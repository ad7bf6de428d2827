-- ===== src/Tags/Rules/Examples.antt =====
-- Two rules that share a condition; the second blocks what the first adds.
use demolition_app.Base.{ℕ, ◌≡◌, Bool, false, not, ◌&&◌, ◌||◌, ltb, ◌==◌, List, [], ◌∷◌}
use demolition_app.Tags.Masks.{Rule}
use demolition_app.Tags.Rules.{member, resolve_event}
use demolition_app.Tags.Rules.Fired.{is_added, is_blocked, member-resolve_event}

abbrev rules : List Rule
rules =
    record { conditions = 0 ∷ []; tags = 1 ∷ 2 ∷ []; exceptions = 3 ∷ []; blocked = [] }
    ∷ record { conditions = 0 ∷ 4 ∷ []; tags = []; exceptions = []; blocked = 2 ∷ [] }
    ∷ []

abbrev even : ℕ → Bool
even n = n == 0 || n == 4

member-resolve_event_example :
    member 2 (resolve_event even (λ n. false) rules)
    ≡ (ltb 2 97 && (is_added even 2 rules && not (is_blocked even 2 rules) && not false))
member-resolve_event_example = member-resolve_event even (λ n. false) rules 2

ASSIGNMENT:
Keeping each word as it stands, transcribe every entry.

EXERCISE ANSWER:
repository ad7bf6de428d2827
-- ===== src/Tags/Rules/Examples.antt =====
-- Two rules that share a condition; the second blocks what the first adds.
use demolition_app.Base.{ℕ, ◌≡◌, Bool, false, not, ◌&&◌, ◌||◌, ltb, ◌==◌, List, [], ◌∷◌}
use demolition_app.Tags.Masks.{Rule}
use demolition_app.Tags.Rules.{member, resolve_event}
use demolition_app.Tags.Rules.Fired.{is_added, is_blocked, member-resolve_event}

abbrev rules : List Rule
rules =
    record { conditions = 0 ∷ []; tags = 1 ∷ 2 ∷ []; exceptions = 3 ∷ []; blocked = [] }
    ∷ record { conditions = 0 ∷ 4 ∷ []; tags = []; exceptions = []; blocked = 2 ∷ [] }
    ∷ []

abbrev even : ℕ → Bool
even n = n == 0 || n == 4

member-resolve_event_example :
    member 2 (resolve_event even (λ n. false) rules)
    ≡ (ltb 2 97 && (is_added even 2 rules && not (is_blocked even 2 rules) && not false))
member-resolve_event_example = member-resolve_event even (λ n. false) rules 2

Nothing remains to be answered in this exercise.